November 29, 2013

Small Acreage Pasture Management: Part II

Small Acreage Pasture Management: Part II


One of the first considerations in any grazing system is stock water.  Its availability will dictate which pastures you can utilize.  Some grazing systems drag tanks from paddock to paddock, but a more permanent water point that incorporates cross-fencing or a common lane to water more than one paddock at a time is more convenient.  It lets you keep a closer eye on the water source and cuts down the time involved in managing it.  If you’re in a cold winter region, don’t forget to run electricity to the tank location.  We all have better things to do than chop ice all winter!

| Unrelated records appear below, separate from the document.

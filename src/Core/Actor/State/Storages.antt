-- ===== src/Core/Actor/State/Storages.antt =====
-- Which storage a reference names.
use mathlib.Core.Path.{subst}
use mathlib.Core.Option.{some-injective}
use pereprava.Prelude.{
  ℕ, zero, suc, ◌+◌, ◌<◌, ◌≡◌, refl, ap, ◌⊎◌, inl, inr, Bool, true, false, sym, ◌∙◌, All, none,
  some, List, [], ◌∷◌, length, get_elem?, position_from, Bool-cases, Option-cases, arith,
}
use pereprava.Prelude.Text.{Text}
use pereprava.Core.Error.{ok}
use pereprava.Core.Names.{Unicode, names_eq_ci}
use pereprava.Core.Actor.State.{StorageRec, find_storage_index, index_from_number, parse_usize}

module _ {ℓ} {A : Type ℓ} where
  get_elem-lt : (xs : List A) (i : ℕ) → i < length xs → (x : A) × (get_elem? xs i ≡ some x)
  get_elem-lt [] i h = absurd (omega arith)
  get_elem-lt (x ∷ xs) zero h = (x, refl)
  get_elem-lt (x ∷ xs) (suc i) h = get_elem-lt xs i (omega arith)

  -- None of the items before the `n`-th passes the test.
  abbrev pub NoneBefore : (A → Bool) → List A → ℕ → Type ℓ
  NoneBefore p xs n = (m : ℕ) (y : A) → m < n → get_elem? xs m ≡ some y → p y ≡ false

  NoneBefore-cons :
      (p : A → Bool) (x : A) (xs : List A) (n : ℕ)
      → p x ≡ false
      → NoneBefore p xs n
      → NoneBefore p (x ∷ xs) (suc n)
  NoneBefore-cons p x xs n miss h zero y less e = ap p (sym (some-injective x y e)) ∙ miss
  NoneBefore-cons p x xs n miss h (suc m) y less e = h m y (omega arith) e

  position_from-get_elem :
      (p : A → Bool) (xs : List A) (k i : ℕ)
      → position_from k p xs ≡ some i
      → (n : ℕ) × (x : A) × (i ≡ n + k)
        × (get_elem? xs n ≡ some x)
        × (p x ≡ true)
        × NoneBefore p xs n
  position_from-get_elem p [] k i h = absurd (cc)
  position_from-get_elem p (x ∷ xs) k i h = elim (Bool-cases (p x)) [
    | inl hit ↦ (0, x, ground arith, refl, hit, λ m y less e. absurd (omega arith))
    | inr miss ↦
        let (n, y, e, found, holds, before) =
          position_from-get_elem p xs (suc k) i (rw miss at h) in
        (suc n, y, omega arith, found, holds, NoneBefore-cons p x xs n miss before)
  ]

  position_from-none :
      (p : A → Bool) (xs : List A) (k : ℕ) → position_from k p xs ≡ none → All (λ x. p x ≡ false) xs
  position_from-none p [] k h = tt
  position_from-none p (x ∷ xs) k h = elim (Bool-cases (p x)) [
    | inl hit ↦ absurd (ground arith)
    | inr miss ↦ (miss, position_from-none p xs (suc k) (rw miss at h))
  ]

module _ (u : Unicode) (T : List StorageRec) (reference : Text) where
  abbrev pub matches : StorageRec → Bool
  matches s = names_eq_ci u s.description reference

  -- A reference that is accepted names a storage of the table: the first one whose description it
  -- matches, or, only if it matches no description of the table, the one at the 1-based number that it
  -- spells.
  pub find_storage_index-get_elem :
      (i : ℕ)
      → find_storage_index u T reference ≡ ok i
      → (rec : StorageRec) × (get_elem? T i ≡ some rec)
        × (((matches rec ≡ true) × NoneBefore matches T i)
            ⊎ (All (λ s. matches s ≡ false) T × (parse_usize reference ≡ some (suc i))))
  unfolding find_storage_index index_from_number
  find_storage_index-get_elem i h = elim (Option-cases (position_from 0 matches T)) [
    | inr (j, e) ↦
        let (n, rec, same, found, holds, before) = position_from-get_elem matches T 0 j e in
        let here : n ≡ i = ground arith in
        (
          rec,
          subst (λ k. get_elem? T k ≡ some rec) here found,
          inl (holds, subst (NoneBefore matches T) here before),
        )
    | inl e ↦ elim (Option-cases (parse_usize reference)) [
      | inl none_e ↦ absurd (ground arith)
      | inr (n, some_e) ↦
          let small : n ≡ suc i = ground arith in
          let (rec, found) = get_elem-lt T i (ground arith) in
          (rec, found, inr (position_from-none matches T 0 e, rw some_e (ap some small)))
    ]
  ]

Next, you will need some type of fencing, unless you’re willing to herd your animals from plant to plant.  Electric fencing as the most cost-effective method of controlling the time your stock graze a given area.  Today there are many types of animal containment systems, and the choices can be daunting.  Any system worth its salt will have technical advice available for the potential user; maybe even on-the-ground help.  Don’t hesitate to ask for help with a grazing plan, watering plan, and fence design and placement.


There are fencing configurations that allow control of many species, including horses, cattle, sheep and goats.  Another factor that will influence the fence design is the presence of wildlife. A fence that must coexist with deer or elk may have a substantially different design that one that does not. Let’s look closer at some specific designs.


Perimeter Fencing


For the perimeter of the pasture, use permanent, multi-strand, high-tensile electric systems.  The number of wires will vary according to the livestock you wish to contain.  Horses and mature cattle can quite often get by with three wires, while small calves, sheep and goats may take five or six.


The best posts to use in areas with snow loads and wildlife has been proven to be solid fiberglass. There are no plastic insulators to break, and the flexibility of the post helps to overcome side loads.


There are two common mistakes that people tend to make when trying high-tensile fencing for the first time:


Posts too close!


Wires too tight!


Post spacings of around 50 feet are adequate because of the nature of high-tensile wire.  The wires should be tightened just to the point of removing most of the sag between posts (around 150 to 200 lbs. per wire). This accomplishes two things.  First, this design is flexible, allowing the fence to absorb wildlife pressure and snow loads without breaking.  Second, less materials are needed so the initial purchase cost and the labor required to install the electric fence is less than conventional fencing.


Interior Cross-fencing

A mixture of high-tensile permanent and portable polywires and tapes often prove to be the best choices for cross fences.  Try to create paddocks by placing several permanent cross-fences on obvious topographical changes, not forgetting to include stockwater inside the paddock, or access down a lane to the water. If you are grazing irrigated pasture, ditches can also be your water source. Two wires are usually adequate for mature cattle and larger calves, while three wires are a better choice for horses or cattle with smaller calves.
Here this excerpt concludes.